The following plot shows the most severe weather event types with respect to economic cost that they have costed since 1950s.
library(ggplot2)
library(gridExtra)
# Set the levels in order
p1 <- ggplot(data=prop_dmg_events,
aes(x=reorder(EVTYPE, prop_dmg), y=log10(prop_dmg), fill=prop_dmg )) +
geom_bar(stat="identity") +
coord_flip() +
xlab("Event type") +
ylab("Property damage in dollars (log-scale)") +
ggtitle ("Top 20 events for total property damage") +
theme(axis.text.x=element_text(angle=45,hjust=1))

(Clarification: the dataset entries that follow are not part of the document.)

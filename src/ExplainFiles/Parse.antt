-- ===== src/ExplainFiles/Parse.antt =====
-- ts/tools/explainfiles/explainfiles.go: `Parse`, one step for each line.
use rules_typescript.Base.{
  ℕ, zero, suc, true, false, ◌&&◌, ◌||◌, Option, none, some, List, [], ◌∷◌, ◌++◌, ◌==◌,
  if◌then◌else◌, length,
}
use rules_typescript.Base.Text.{
  Text, codes, text_eq, has_prefix, contains, split, cut, trim, trim_right,
}
use rules_typescript.ExplainFiles.{reference, FailedLookup, Listing, Attempt}
use rules_typescript.ExplainFiles.Reasons.{
  Parsed, ok, malformed, panics, is_none, reason_forms, read_reason,
}
use rules_typescript.ExplainFiles.Traces.{
  parse_resolution_frame, drop_first, on_frame, forget_previous, on_candidate, on_trace, Grammar,
  Reader,
}

-- `strings.Split`; each part but the last takes at least one byte.
unfoldable split_text : ℕ → Text → Text → List Text
unfolding cut
split_text zero s sep = s ∷ []
split_text (suc n) s sep = elim (cut s sep) [ none ↦ s ∷ [] | some (b, a) ↦ b ∷ split_text n a sep ]

module _ (g : Grammar) where
  abbrev with_extensions : Text → List Text → List FailedLookup
  with_extensions path [] = []
  with_extensions path (part ∷ parts) =
      let extension = trim (λ c. c == b'\'') part in
      let rest = with_extensions path parts in
      if text_eq extension (codes ".ts")
        || text_eq extension (codes ".tsx")
        || text_eq extension (codes ".d.ts")
        || text_eq extension (codes ".js")
        || text_eq extension (codes ".jsx")
      then (record { file = path ++ extension; candidate = [] }) ∷ rest
      else rest

  unfoldable pub with_missing : Option (Text × (Text × Text)) → Listing → Listing
  unfolding split_text
  with_missing none l = l
  with_missing (some (from, (path, extensions))) l = record l {
    unresolved =
        l.unresolved
        ++ (record {
          kind = reference;
          from = from;
          specifier = path;
          candidates =
              if is_none extensions
              then (record { file = path; candidate = [] }) ∷ []
              else with_extensions path (split_text (length extensions) extensions (codes ", "));
        })
          ∷ [];
  }

  abbrev pub continue_last : List Text → Text → List Text
  continue_last [] line = []
  continue_last (d ∷ []) line = (d ++ (b'\n' ∷ line)) ∷ []
  continue_last (d ∷ e ∷ ds) line = d ∷ continue_last (e ∷ ds) line

  abbrev pub with_listing : Parsed Listing → Reader → Parsed Reader
  with_listing (ok l) s = ok (record s { listing = l })
  with_listing malformed s = malformed
  with_listing panics s = panics

  abbrev pub rest_of : ℕ → Text → Text
  rest_of n line = drop_first g n line

  -- A line outside a resolution.
  unfoldable pub on_line : Text → Reader → Parsed Reader
  unfolding has_prefix contains read_reason reason_forms with_missing
  on_line line s =
      if is_none line
      then ok s
      else if s.in_diagnostic && has_prefix line (codes "  ")
      then ok (record s {
        listing = record s.listing { diagnostics = continue_last s.listing.diagnostics line };
      })
      else if has_prefix line (codes "   ")
      then (if is_none s.file
          then malformed
          else with_listing (read_reason g.find reason_forms s.file (rest_of 3 line) s.listing) s)
      else if contains line (codes "error TS") && g.diagnostic_line line
      then ok (record s {
        listing =
            with_missing (g.missing_reference line)
              (record s.listing { diagnostics = s.listing.diagnostics ++ line ∷ [] });
        in_diagnostic = true;
      })
      else ok (record s {
        file = line;
        listing = record s.listing { files = s.listing.files ++ line ∷ [] };
        in_diagnostic = false;
      })

  unfoldable pub in_resolution : Option Attempt → Text → Reader → Parsed Reader
  unfolding on_trace on_line
  in_resolution (some a) line s = ok (record s { resolution = some (on_trace g line a) })
  in_resolution none line s = on_line line s

  abbrev pub and_in_resolution : Text → Parsed Reader → Parsed Reader
  and_in_resolution line (ok s) = in_resolution s.resolution line s
  and_in_resolution line malformed = malformed
  and_in_resolution line panics = panics

  -- A line that is no frame.
  unfoldable pub on_body : Text → Reader → Parsed Reader
  unfolding has_prefix on_candidate in_resolution
  on_body line s =
      let t = record s { previous = line } in
      and_in_resolution line (
        if has_prefix line (codes "Loading module as file / folder")
        then on_candidate g t.resolution (g.candidate_location line) t
        else ok t)

  unfoldable pub line_step : Text → Reader → Parsed Reader
  unfolding has_prefix parse_resolution_frame on_frame on_body
  line_step line s =
      if has_prefix line (codes "========")
      then forget_previous g (on_frame g (parse_resolution_frame g line) s)
      else on_body line s

  unfoldable pub lines_loop : List Text → Parsed Reader → Parsed Reader
  unfolding line_step trim_right
  lines_loop [] r = r
  lines_loop (line ∷ lines) malformed = malformed
  lines_loop (line ∷ lines) panics = panics
  lines_loop (line ∷ lines) (ok s) =
      lines_loop lines (line_step (trim_right (λ c. c == b'\r') line) s)

  abbrev pub empty_reader : Reader
  empty_reader = record {
    listing = record {
      files = [];
      roots = [];
      edges = [];
      types = [];
      implicit = [];
      diagnostics = [];
      unresolved = [];
      resolutions = [];
      candidates = [];
      package_targets = [];
    };
    file = [];
    previous = [];
    resolution = none;
    in_diagnostic = false;
  }

  abbrev pub completed : Option Attempt → Listing → Parsed Listing
  completed none l = ok l
  completed (some a) l = malformed

  abbrev pub finish : Parsed Reader → Parsed Listing
  finish (ok s) = completed s.resolution s.listing
  finish malformed = malformed
  finish panics = panics

  unfoldable pub parse : Text → Parsed Listing
  unfolding lines_loop split
  parse text = finish (lines_loop (split text b'\n') (ok empty_reader))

p2 <- ggplot(data=crop_dmg_events,
aes(x=reorder(EVTYPE, crop_dmg), y=crop_dmg, fill=crop_dmg)) +
geom_bar(stat="identity") +
coord_flip() +
xlab("Event type") +
ylab("Crop damage in dollars") +
ggtitle ("Top 20 events for total crop damage") +
theme(axis.text.x=element_text(angle=45,hjust=1))
p1
p2
The data shows that flash floods and thunderstorm winds cost the largest property damages among weather-related natural diseasters.
The most severe weather event in terms of crop damage is drought. In the last 50 years, drought has caused more than 10 billion dollars in loss. Other severe crop-damage-causing event types include floods and hails.
Note:Property damages are converted to logarithmic scales due to large range of values.